Doping-dependent superconducting gap anisotropy in the two-dimensional pnictide Ca10(Pt3As8)[(Fe1-xPtx)2As2]5

The characteristic features of the Ca-10(Pt3As8)[(Fe1-xPtx)(2)As-2](5) (the 10-3-8 phase) superconductor are triclinic symmetry, high anisotropy, and a clear separation of superconducting and antiferromagnetic regions in the T versus doping (x) phase diagram, which enables the superconducting gap to be studied without complications due to the coexisting magnetic order. The London penetration depth, measured on the underdoped side of the superconducting dome (x = 0.028, 0.041, 0.042, and 0.097), shows behavior remarkably similar to other Fe-based superconductors, exhibiting a robust power law, Delta lambda (T) = AT(n).
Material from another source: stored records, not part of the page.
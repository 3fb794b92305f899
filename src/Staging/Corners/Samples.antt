-- ===== src/Staging/Corners/Samples.antt =====
-- The indices of src/builder/tile_staging.cpp into a core of 257 by 257 samples.
use lunar_terrain_builder.Base.{
  ℕ, ◌-◌, ◌*◌, ◌<◌, ◌≡◌, ◌⊎◌, inl, inr, refl, sym, subst, arith, Bool, true, false,
}
use lunar_terrain_builder.Topology.{QscEdge}
use lunar_terrain_builder.Validation.{core_vertices}
use lunar_terrain_builder.Staging.Corners.{
  core_sample_count, edge_core_index, edge_corner, corner_core_index, corner_number, Corner,
  mirrored, corner_node,
}

at_start : (edge : QscEdge) → corner_core_index (edge_corner edge 0) ≡ edge_core_index edge 0
unfolding corner_core_index edge_corner edge_core_index
at_start QscEdge.west = refl
at_start QscEdge.east = refl
at_start QscEdge.south = refl
at_start QscEdge.north = refl
at_start (QscEdge.unnamed n) = refl

at_end :
    (edge : QscEdge)
    → corner_core_index (edge_corner edge (core_vertices - 1))
      ≡ edge_core_index edge (core_vertices - 1)
unfolding corner_core_index edge_corner edge_core_index
at_end QscEdge.west = refl
at_end QscEdge.east = refl
at_end QscEdge.south = refl
at_end QscEdge.north = refl
at_end (QscEdge.unnamed n) = refl

-- At either end of an edge, the sample of the edge is the sample of the corner there.
pub corner_core_index-edge_corner :
    (edge : QscEdge) (parameter : ℕ)
    → (parameter ≡ 0) ⊎ (parameter ≡ core_vertices - 1)
    → corner_core_index (edge_corner edge parameter) ≡ edge_core_index edge parameter
corner_core_index-edge_corner edge p (inl e) =
    subst (λ q. corner_core_index (edge_corner edge q) ≡ edge_core_index edge q) (sym e)
      (at_start edge)
corner_core_index-edge_corner edge p (inr e) =
    subst (λ q. corner_core_index (edge_corner edge q) ≡ edge_core_index edge q) (sym e)
      (at_end edge)

pub edge_core_index-lt :
    (edge : QscEdge) (parameter : ℕ)
    → parameter < core_vertices
    → edge_core_index edge parameter < core_sample_count
unfolding edge_core_index
edge_core_index-lt QscEdge.west p h = omega arith
edge_core_index-lt QscEdge.east p h = omega arith
edge_core_index-lt QscEdge.south p h = omega arith
edge_core_index-lt QscEdge.north p h = omega arith
edge_core_index-lt (QscEdge.unnamed n) p h = omega arith

pub corner_core_index-lt : (corner : Corner) → corner_core_index corner < core_sample_count
unfolding corner_core_index
corner_core_index-lt Corner.south_west = omega arith
corner_core_index-lt Corner.south_east = omega arith
corner_core_index-lt Corner.north_west = omega arith
corner_core_index-lt Corner.north_east = omega arith

corner_number-lt : (corner : Corner) → corner_number corner < 4
corner_number-lt Corner.south_west = omega arith
corner_number-lt Corner.south_east = omega arith
corner_number-lt Corner.north_west = omega arith
corner_number-lt Corner.north_east = omega arith

pub corner_node-lt :
    (tile_index n : ℕ) (corner : Corner) → tile_index < n → corner_node tile_index corner < n * 4
unfolding corner_node
corner_node-lt tile_index n corner h = omega (arith, corner_number-lt corner)

pub mirrored-lt :
    (reversed : Bool) (p : ℕ) → p < core_vertices → mirrored reversed p < core_vertices
unfolding mirrored
mirrored-lt true p h = omega arith
mirrored-lt false p h = h
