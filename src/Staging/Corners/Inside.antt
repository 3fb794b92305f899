-- ===== src/Staging/Corners/Inside.antt =====
-- The seams that `collect_seams` collects, against the bounds of the batch.
use lunar_terrain_builder.Base.{
  ℕ, zero, suc, ◌+◌, ◌-◌, ◌*◌, ◌≤◌, ◌<◌, ◌≡◌, ◌↔◌, ◌∙◌, inl, inr, sym, ap, subst, arith, Bool, true,
  false, Option, none, some, List, [], ◌∷◌, ◌++◌, map, length, All, Bool-cases, Option-cases, ltb,
  if◌then◌else◌, ◌==◌, some-injective,
}
use lunar_terrain_builder.Base.Maps.{find, emplace_new, or_else, find-emplace_new}
use lunar_terrain_builder.Error.{success, >>=-eq-success}
use lunar_terrain_builder.TileKey.{LunarTileKey}
use lunar_terrain_builder.Topology.{QscEdge, QscTileNeighbor, qsc_tile_neighbor}
use lunar_terrain_builder.Validation.{core_vertices}
use lunar_terrain_builder.Staging.UnionFind.{iota, corner_classes, root_of}
use lunar_terrain_builder.Staging.UnionFind.Classes.{Joined, IsInside, corner_classes-Joined}
use lunar_terrain_builder.Staging.Corners.{
  core_sample_count, StagedElevationTile, SamplePatch, Seams, no_seams, join, corner_union,
  edge_patch, edge_seams, visit_neighbor, visit_edges, check_staged, index_staged, visit_tiles,
  collect_seams, all_edges,
}
use lunar_terrain_builder.Staging.Corners.Samples.{edge_core_index-lt, corner_node-lt, mirrored-lt}

-- Both ends of the patch are samples of tiles of a batch of this size.
pub record InBatch (n : ℕ) (patch : SamplePatch) : Type 0 where
  receiver : patch.receiving_tile < n
  receiving : patch.receiving_sample < core_sample_count
  owner : patch.owning_tile < n
  owning : patch.owning_sample < core_sample_count

pub record SeamsInside (n : ℕ) (s : Seams) : Type 0 where
  pub unions : All (IsInside (n * 4)) s.unions
  pub patches : All (InBatch n) s.patches

append-All {ℓ κ} :
    {A : Type ℓ} (P : A → Type κ) (xs ys : List A) → All P xs → All P ys → All P (xs ++ ys)
append-All P [] ys a b = b
append-All P (x ∷ xs) ys a b = (a.0, append-All P xs ys a.1 b)

success-injective : (s t : Seams) → success s ≡ success t → s ≡ t
success-injective s t e = cc

join-SeamsInside :
    (n : ℕ) (s t : Seams) → SeamsInside n s → SeamsInside n t → SeamsInside n (join s t)
join-SeamsInside n s t a b = record {
  unions = append-All (IsInside (n * 4)) s.unions t.unions a.unions b.unions;
  patches = append-All (InBatch n) s.patches t.patches a.patches b.patches;
}

no_seams-SeamsInside : (n : ℕ) → SeamsInside n no_seams
no_seams-SeamsInside n = record { unions = tt; patches = tt }

-- Every place in the map is below this number.
IsBelowAll : ℕ → List (ℕ × ℕ) → Type 0
IsBelowAll n by_key = (k i : ℕ) → find by_key k ≡ some i → i < n

module _ (n tile_index neighbor_index : ℕ) (edge : QscEdge) (neighbor : QscTileNeighbor)
    (tile_in : tile_index < n) (neighbor_in : neighbor_index < n) where
  corner_union-IsInside :
      (endpoint : ℕ)
      → IsInside (n * 4) (corner_union tile_index edge neighbor_index neighbor endpoint)
  unfolding IsInside corner_union
  corner_union-IsInside endpoint =
      (corner_node-lt tile_index n _ tile_in, corner_node-lt neighbor_index n _ neighbor_in)

  edge_patch-InBatch :
      (p : ℕ) → p < core_vertices → InBatch n (edge_patch tile_index edge neighbor_index neighbor p)
  unfolding edge_patch
  edge_patch-InBatch p h = record {
    receiver = neighbor_in;
    receiving = edge_core_index-lt neighbor.touching_edge _ (mirrored-lt neighbor.reversed p h);
    owner = tile_in;
    owning = edge_core_index-lt edge p h;
  }

  patches_inside :
      (count start : ℕ)
      → count + start ≤ core_vertices
      → All
          (InBatch n)
          (map (edge_patch tile_index edge neighbor_index neighbor) (iota count start))
  unfolding iota
  patches_inside zero start h = tt
  patches_inside (suc count) start h = (
    edge_patch-InBatch start (omega (arith, h)),
    patches_inside count (suc start) (omega (arith, h)),
  )

  edge_seams-SeamsInside : SeamsInside n (edge_seams tile_index edge neighbor_index neighbor)
  unfolding edge_seams
  edge_seams-SeamsInside = record {
    unions = (corner_union-IsInside 0, (corner_union-IsInside (core_vertices - 1), tt));
    patches = patches_inside (core_vertices - 2) 1 (omega arith);
  }

module _ (n : ℕ) (by_key : List (ℕ × ℕ)) (below : IsBelowAll n by_key) where
  visit_neighbor-SeamsInside :
      (key : LunarTileKey) (tile_index : ℕ) (edge : QscEdge) (neighbor : QscTileNeighbor)
      → tile_index < n
      → SeamsInside n (visit_neighbor by_key key tile_index edge neighbor)
  unfolding visit_neighbor IsBelowAll
  visit_neighbor-SeamsInside key tile_index edge neighbor h =
      elim (Option-cases (find by_key neighbor.key.encoded)) [
        | inl e ↦ rw (e, visit_neighbor) (no_seams-SeamsInside n)
        | inr (neighbor_index, e) ↦ elim (Bool-cases (ltb key.encoded neighbor.key.encoded)) [
          | inl l ↦
              rw (e, l, visit_neighbor)
                (edge_seams-SeamsInside n tile_index neighbor_index edge neighbor h
                  (below neighbor.key.encoded neighbor_index e))
          | inr l ↦ rw (e, l, visit_neighbor) (no_seams-SeamsInside n)
        ]
      ]

  visit_edges-SeamsInside :
      (key : LunarTileKey) (tile_index : ℕ) (edges : List QscEdge) (s : Seams)
      → tile_index < n
      → visit_edges by_key key tile_index edges ≡ success s
      → SeamsInside n s
  unfolding visit_edges
  visit_edges-SeamsInside key tile_index [] s h e =
      subst (SeamsInside n) (success-injective _ _ e) (no_seams-SeamsInside n)
  visit_edges-SeamsInside key tile_index (edge ∷ rest) s h e =
      let (neighbor, _, e1) = >>=-eq-success (qsc_tile_neighbor key edge) _ e in
      let (later, e2, e3) = >>=-eq-success (visit_edges by_key key tile_index rest) _ e1 in
      subst (SeamsInside n) (success-injective _ _ e3) (
        join-SeamsInside n _ _ (visit_neighbor-SeamsInside key tile_index edge neighbor h)
          (visit_edges-SeamsInside key tile_index rest later h e2))

  visit_tiles-SeamsInside {ℓ} :
      {A : Type ℓ} (tiles : List (StagedElevationTile A)) (tile_index : ℕ) (s : Seams)
      → tile_index + length tiles ≤ n
      → visit_tiles by_key tiles tile_index ≡ success s
      → SeamsInside n s
  unfolding visit_tiles
  visit_tiles-SeamsInside [] tile_index s h e =
      subst (SeamsInside n) (success-injective _ _ e) (no_seams-SeamsInside n)
  visit_tiles-SeamsInside (tile ∷ tiles) tile_index s h e =
      let (here', e1, e2) = >>=-eq-success (visit_edges by_key tile.key tile_index all_edges) _ e in
      let (later, e3, e4) = >>=-eq-success (visit_tiles by_key tiles (suc tile_index)) _ e2 in
      subst (SeamsInside n) (success-injective _ _ e4) (
        join-SeamsInside n _ _
          (visit_edges-SeamsInside tile.key tile_index all_edges here' (omega (arith, h)) e1)
          (visit_tiles-SeamsInside tiles (suc tile_index) later (omega (arith, h)) e3))

some_not_none : (i : ℕ) → Path (Option ℕ) none (some i) → ⊥
some_not_none i e = cc

emplace_new-IsBelowAll :
    (n : ℕ) (by_key : List (ℕ × ℕ)) (k : ℕ)
    → IsBelowAll n by_key
    → IsBelowAll (suc n) (emplace_new by_key k n)
unfolding IsBelowAll
emplace_new-IsBelowAll n by_key k below j i e =
    let f = sym (find-emplace_new by_key k j n) ∙ e in
    elim (Option-cases (find by_key j)) [
      | inl g ↦ late (k == j) (sym (ap (λ o. or_else o (if k == j then some n else none)) g) ∙ f)
      | inr (v, g) ↦
          let same : v ≡ i =
            some-injective v i
              (sym (ap (λ o. or_else o (if k == j then some n else none)) g) ∙ f) in
          omega (arith, same, below j v g)
    ]
  where
    late : (b : Bool) → (if b then some n else none) ≡ some i → i < suc n
    late true g = omega (arith, some-injective n i g)
    late false g = absurd (some_not_none i g)

same_map : (m out : List (ℕ × ℕ)) → success m ≡ success out → m ≡ out
same_map m out e = cc

index_staged-IsBelowAll {ℓ} :
    {A : Type ℓ} (tiles : List (StagedElevationTile A)) (index : ℕ) (by_key out : List (ℕ × ℕ))
    → IsBelowAll index by_key
    → index_staged tiles index by_key ≡ success out
    → IsBelowAll (index + length tiles) out
unfolding index_staged
index_staged-IsBelowAll [] index by_key out below e =
    subst (λ n. IsBelowAll n out) (omega arith)
      (subst (IsBelowAll index) (same_map by_key out e) below)
index_staged-IsBelowAll (tile ∷ tiles) index by_key out below e =
    let (_, _, e2) = >>=-eq-success (check_staged by_key tile) _ e in
    subst (λ n. IsBelowAll n out) (omega arith)
      (index_staged-IsBelowAll tiles (suc index) _ out
        (emplace_new-IsBelowAll index by_key tile.key.encoded below) e2)

none-IsBelowAll : IsBelowAll 0 []
unfolding IsBelowAll find
none-IsBelowAll k i e = absurd (some_not_none i e)

collect_seams-SeamsInside {ℓ} :
    {A : Type ℓ} (tiles : List (StagedElevationTile A)) (s : Seams)
    → collect_seams tiles ≡ success s
    → SeamsInside (length tiles) s
unfolding collect_seams
collect_seams-SeamsInside tiles s e =
    let (by_key, e1, e2) = >>=-eq-success (index_staged tiles 0 []) _ e in
    let below : IsBelowAll (length tiles) by_key =
      subst (λ n. IsBelowAll n by_key) (omega arith)
        (index_staged-IsBelowAll tiles 0 [] by_key none-IsBelowAll e1) in
    visit_tiles-SeamsInside (length tiles) by_key below tiles 0 s (omega arith) e2

-- When `collect_seams` succeeds on tiles, each of its patches joins samples inside the cores of tiles
-- of the batch, and `corner_classes` over four corners a tile ends on its unions: two corners of the
-- batch then have the same root exactly where a chain of unions connects them.
pub collect_seams-classes {ℓ} :
    {A : Type ℓ} (tiles : List (StagedElevationTile A)) (s : Seams)
    → collect_seams tiles ≡ success s
    → All (InBatch (length tiles)) s.patches
      × ((parents : List ℕ) × (corner_classes (length tiles * 4) s.unions ≡ some parents)
          × ((i j : ℕ)
              → i < length tiles * 4
              → j < length tiles * 4
              → (root_of parents i ≡ root_of parents j) ↔ Joined s.unions i j))
collect_seams-classes tiles s e =
    let inside = collect_seams-SeamsInside tiles s e in
    let (parents, done, _, _, same_root) =
      corner_classes-Joined (length tiles * 4) s.unions inside.unions in
    (inside.patches, (parents, done, same_root))
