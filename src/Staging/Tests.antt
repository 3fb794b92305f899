-- ===== src/Staging/Tests.antt =====
-- A union of three pairs among six nodes, and two neighbours in a batch.
use lunar_terrain_builder.Base.{
  ℕ, zero, suc, true, IsByte, ◌*◌, ◌<◌, ◌≡◌, ◌↔◌, refl, arith, false, some, List, [], ◌∷◌, length,
  length-replicate, replicate, All,
}
use lunar_terrain_builder.Base.Maps.{find, emplace_new}
use lunar_terrain_builder.Error.{success}
use lunar_terrain_builder.TileKey.{
  LunarTileKey, face, level, morton, x, y, x_bit, y_bit, interleave_bit, interleave, create,
}
use lunar_terrain_builder.TileKey.Layout.{packed, packed-IsKey}
use lunar_terrain_builder.Topology.{
  QscEdge, QscTileNeighbor, qsc_tile_neighbor, walk, land, enter, qsc_edge_connection,
  vertical_edge,
}
use lunar_terrain_builder.Database.Bytes.{is_finite}
use lunar_terrain_builder.Staging.Artifact.{serialize_staged_core, load_staged}
use lunar_terrain_builder.Staging.Artifact.Parts.{IsSample}
use lunar_terrain_builder.Staging.Artifact.RoundTrip.{load_staged-serialize_staged_core}
use lunar_terrain_builder.Staging.UnionFind.{
  corner_classes, unite_all, unite, find_root, seek, compress, link, iota, root_of,
}
use lunar_terrain_builder.Staging.UnionFind.Classes.{Joined, IsInside, corner_classes-Joined}
use lunar_terrain_builder.Staging.Corners.{
  core_sample_count, StagedElevationTile, Seams, no_seams, join, edge_seams, visit_neighbor,
  visit_edges, check_staged, index_staged, visit_tiles, collect_seams,
}
use lunar_terrain_builder.Staging.Corners.Inside.{InBatch, collect_seams-classes}

abbrev pairs : List (ℕ × ℕ)
pairs = (5, 3) ∷ (1, 2) ∷ (3, 2) ∷ []

pairs_run : corner_classes 6 pairs ≡ some (0 ∷ 1 ∷ 1 ∷ 1 ∷ 4 ∷ 3 ∷ [])
unfolding corner_classes unite_all unite find_root seek compress link iota
pairs_run = refl

root_run : root_of (0 ∷ 1 ∷ 1 ∷ 1 ∷ 4 ∷ 3 ∷ []) 5 ≡ some 1
unfolding root_of find_root seek compress
root_run = refl

corner_classes-Joined_example :
    (out : List ℕ) × (corner_classes 6 pairs ≡ some out)
    × (length out ≡ 6)
    × ((i : ℕ) → i < 6 → (r : ℕ) × (root_of out i ≡ some r))
    × ((i j : ℕ) → i < 6 → j < 6 → (root_of out i ≡ root_of out j) ↔ Joined pairs i j)
unfolding IsInside
corner_classes-Joined_example =
    corner_classes-Joined 6 pairs
      ((omega arith, omega arith), ((omega arith, omega arith), ((omega arith, omega arith), tt)))

core : List (Unit {0})
core = replicate (257 * 257) tt

core-length : length core ≡ core_sample_count
unfolding core
core-length = length-replicate {0} (257 * 257) tt

abbrev child : ℕ → LunarTileKey
child place = packed 0 1 place

abbrev staged : LunarTileKey → StagedElevationTile (Unit {0})
staged key = record { key = key; dependency_hash = []; core_samples = core; artifact_path = "" }

abbrev batch : List (StagedElevationTile (Unit {0}))
batch = staged (child 0) ∷ staged (child 1) ∷ []

abbrev places : List (ℕ × ℕ)
places = ((child 1).encoded, 1) ∷ ((child 0).encoded, 0) ∷ []

batch_indexed : index_staged batch 0 [] ≡ success places
unfolding index_staged check_staged find emplace_new
batch_indexed = rw core-length refl

abbrev east_of : QscTileNeighbor
east_of = record { key = child 1; touching_edge = QscEdge.west; reversed = false }

abbrev seen : Seams
seen =
    let last = join no_seams no_seams in
    join (join no_seams (join (edge_seams 0 QscEdge.east 1 east_of) (join no_seams last)))
      (join (join no_seams (join no_seams (join no_seams last))) no_seams)

batch_visited : visit_tiles places batch 0 ≡ success seen
unfolding visit_tiles visit_edges visit_neighbor find qsc_tile_neighbor walk land enter
    qsc_edge_connection vertical_edge face level morton x y x_bit y_bit interleave_bit interleave
    create
batch_visited = refl

batch_run : collect_seams batch ≡ success seen
unfolding collect_seams
batch_run = rw batch_indexed batch_visited

collect_seams-classes_example :
    All (InBatch 2) seen.patches
    × ((parents : List ℕ) × (corner_classes 8 seen.unions ≡ some parents)
        × ((i j : ℕ)
            → i < 8
            → j < 8
            → (root_of parents i ≡ root_of parents j) ↔ Joined seen.unions i j))
collect_seams-classes_example = collect_seams-classes batch seen batch_run

abbrev digest : List ℕ
digest = replicate 32 7

zero_finite : is_finite 0 ≡ true
unfolding is_finite
zero_finite = refl

zeros-IsSample : (n : ℕ) → All IsSample (replicate n 0)
zeros-IsSample zero = tt
zeros-IsSample (suc n) = ((omega arith, zero_finite), zeros-IsSample n)

sevens-IsByte : (n : ℕ) → All IsByte (replicate n 7)
sevens-IsByte zero = tt
sevens-IsByte (suc n) = (omega arith, sevens-IsByte n)

level_samples : List ℕ
level_samples = replicate (257 * 257) 0

level_samples-length : length level_samples ≡ core_sample_count
unfolding level_samples
level_samples-length = length-replicate {A = ℕ} (257 * 257) 0

level_samples-IsSample : All IsSample level_samples
unfolding level_samples
level_samples-IsSample = zeros-IsSample (257 * 257)

load_staged-serialize_staged_core_example :
    load_staged
      (serialize_staged_core (child 1) digest level_samples)
      "staging/core"
      (child 1)
      digest
    ≡ success (record {
      key = child 1;
      dependency_hash = digest;
      core_samples = level_samples;
      artifact_path = "staging/core";
    })
load_staged-serialize_staged_core_example =
    load_staged-serialize_staged_core (child 1) "staging/core" digest level_samples
      (packed-IsKey 0 1 1 (omega arith) (omega arith) (omega arith)) refl (sevens-IsByte 32)
      level_samples-length level_samples-IsSample
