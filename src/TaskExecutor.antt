-- ===== src/TaskExecutor.antt =====
-- `run_bounded_tasks` of src/builder/task_executor.cpp. The workers interleave: each access to a
-- shared variable is one turn of one worker, and the stop token of the caller may be set between
-- any two turns. What a task does when it is called is given by its number.
pub mod Invariant
pub mod Report
pub mod Termination
mod Tests
use lunar_terrain_builder.Base.{
  ℕ, zero, suc, ◌+◌, ◌==◌, ◌&&◌, Bool, true, false, Option, none, some, List, [], ◌∷◌, length,
  get_or, set, replicate, min, ltb, if◌then◌else◌,
}
use Prim.Native.String.{String, ◌++◌}
use lunar_terrain_builder.Error.{ErrorCode, Error, make_error, Result, success, failure}

-- How the call of a `BuilderTask` ends.
pub data Outcome : Type 0 where
  returned_value : Outcome
  returned_error : Error → Outcome
  threw_exception : (what : String) → Outcome
  threw_other : Outcome

pub cancelled_error : Error
cancelled_error = make_error ErrorCode.cancelled "terrain build was cancelled"

-- The error that a worker records for a call that ends so.
pub error_of : Outcome → Option Error
error_of returned_value = none
error_of (returned_error e) = some e
error_of (threw_exception what) =
    some (make_error ErrorCode.internal_error ("builder tile task threw an exception: " ++ what))
error_of threw_other =
    some (make_error ErrorCode.internal_error "builder tile task threw a non-standard exception")

-- Where a worker stands in the body of its thread.
pub data Worker : Type 0 where
  -- before `failure_stop.stop_requested()`
  looping : Worker
  -- before `next_task.fetch_add(1)`
  fetching : Worker
  -- before `cancellation.stop_requested()`, and before the call of the task
  polling : (index : ℕ) → Worker
  calling : (index : ℕ) → Worker
  -- before `failures[index] = …`, and before `failure_stop.request_stop()`
  recording : (index : ℕ) → Error → Worker
  stopping : Worker
  left : Worker

-- The variables that the workers share. `calls` counts the calls of each task, which the source
-- does not keep. `next_task` is a number without a bound; the wrap of the source's
-- counter at 2 ^ 64 is not modelled.
pub record Shared : Type 0 where
  pub next_task : ℕ
  pub failure_stop : Bool
  pub cancelled : Bool
  pub failures : List (Option Error)
  pub calls : ℕ → ℕ

pub bump : (ℕ → ℕ) → ℕ → ℕ → ℕ
bump calls index i = if index == i then calls i + 1 else calls i

-- What follows the call: back to the loop, or to the record of the failure.
pub after_call : ℕ → Option Error → Worker
after_call index none = looping
after_call index (some e) = recording index e

-- One turn of a worker.
pub advance : List Outcome → Worker → Shared → Worker × Shared
unfolding error_of after_call bump
advance tasks looping s = (if s.failure_stop then left else fetching, s)
advance tasks fetching s = (
  if ltb s.next_task (length tasks) then polling s.next_task else left,
  record s { next_task = s.next_task + 1 },
)
advance tasks (polling index) s =
    (if s.cancelled then recording index cancelled_error else calling index, s)
advance tasks (calling index) s = (
  after_call index (error_of (get_or tasks index returned_value)),
  record s { calls = bump s.calls index },
)
advance tasks (recording index e) s =
    (stopping, record s { failures = set s.failures index (some e) })
advance tasks stopping s = (left, record s { failure_stop = true })
advance tasks left s = (left, s)

-- The workers by number, and what they share.
pub record Run : Type 0 where
  pub workers : ℕ → Worker
  pub shared : Shared

pub place : (ℕ → Worker) → ℕ → Worker → ℕ → Worker
place workers j w k = if j == k then w else workers k

pub data Event : Type 0 where
  turn : (worker : ℕ) → Event
  cancel : Event

-- What happens to the workers with the numbers below `count`.
pub happen : List Outcome → ℕ → Event → Run → Run
unfolding advance place
happen tasks count (turn j) r =
    if ltb j count
    then (let (w, s) = advance tasks (r.workers j) r.shared in
        record { workers = place r.workers j w; shared = s })
    else r
happen tasks count cancel r = record r { shared = record r.shared { cancelled = true } }

pub run_events : List Outcome → ℕ → List Event → Run → Run
unfolding happen
run_events tasks count [] r = r
run_events tasks count (e ∷ events) r = run_events tasks count events (happen tasks count e r)

pub start : List Outcome → Run
start tasks = record {
  workers = λ j. looping;
  shared = record {
    next_task = 0;
    failure_stop = false;
    cancelled = false;
    failures = replicate (length tasks) none;
    calls = λ i. 0;
  };
}

pub has_left : Worker → Bool
has_left left = true
has_left _ = false

-- `workers.clear()` joins the threads: all workers have left.
pub all_left : ℕ → (ℕ → Worker) → Bool
unfolding has_left
all_left zero workers = true
all_left (suc n) workers = has_left (workers n) && all_left n workers

-- The loop over the failures.
pub first_error : List (Option Error) → Option Error
first_error [] = none
first_error (none ∷ rest) = first_error rest
first_error (some e ∷ rest) = some e

pub report : Shared → Result (Unit {0})
unfolding first_error
report s = elim (first_error s.failures) [
  | some e ↦ failure e
  | none ↦ if s.cancelled then failure cancelled_error else success tt
]

-- The whole call, with the events that happen while the workers run; `none` where a worker has not
-- left after them.
pub run_bounded_tasks : List Outcome → ℕ → Bool → List Event → Option (Result (Unit {0}))
unfolding run_events start all_left report
run_bounded_tasks tasks max_parallelism cancelled events =
    if max_parallelism == 0
    then some (
        failure (make_error ErrorCode.invalid_argument "bounded task parallelism must be positive"))
    else if cancelled
    then some (failure cancelled_error)
    else if length tasks == 0
    then some (success tt)
    else (let count = min max_parallelism (length tasks) in
        let r = run_events tasks count events (start tasks) in
        if all_left count r.workers then some (report r.shared) else none)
The exponent n decreases from 2.36 (x = 0.097, close to the optimal doping) to 1.7 (x = 0.028, a heavily underdoped composition), suggesting that the superconducting gap becomes more anisotropic at the dome edge. A similar trend is found in the lower anisotropy BaFe2As2 (122)-based superconductors, implying that it is an intrinsic property, unrelated to the coexistence of magnetic order and superconductivity or the anisotropy of the normal state.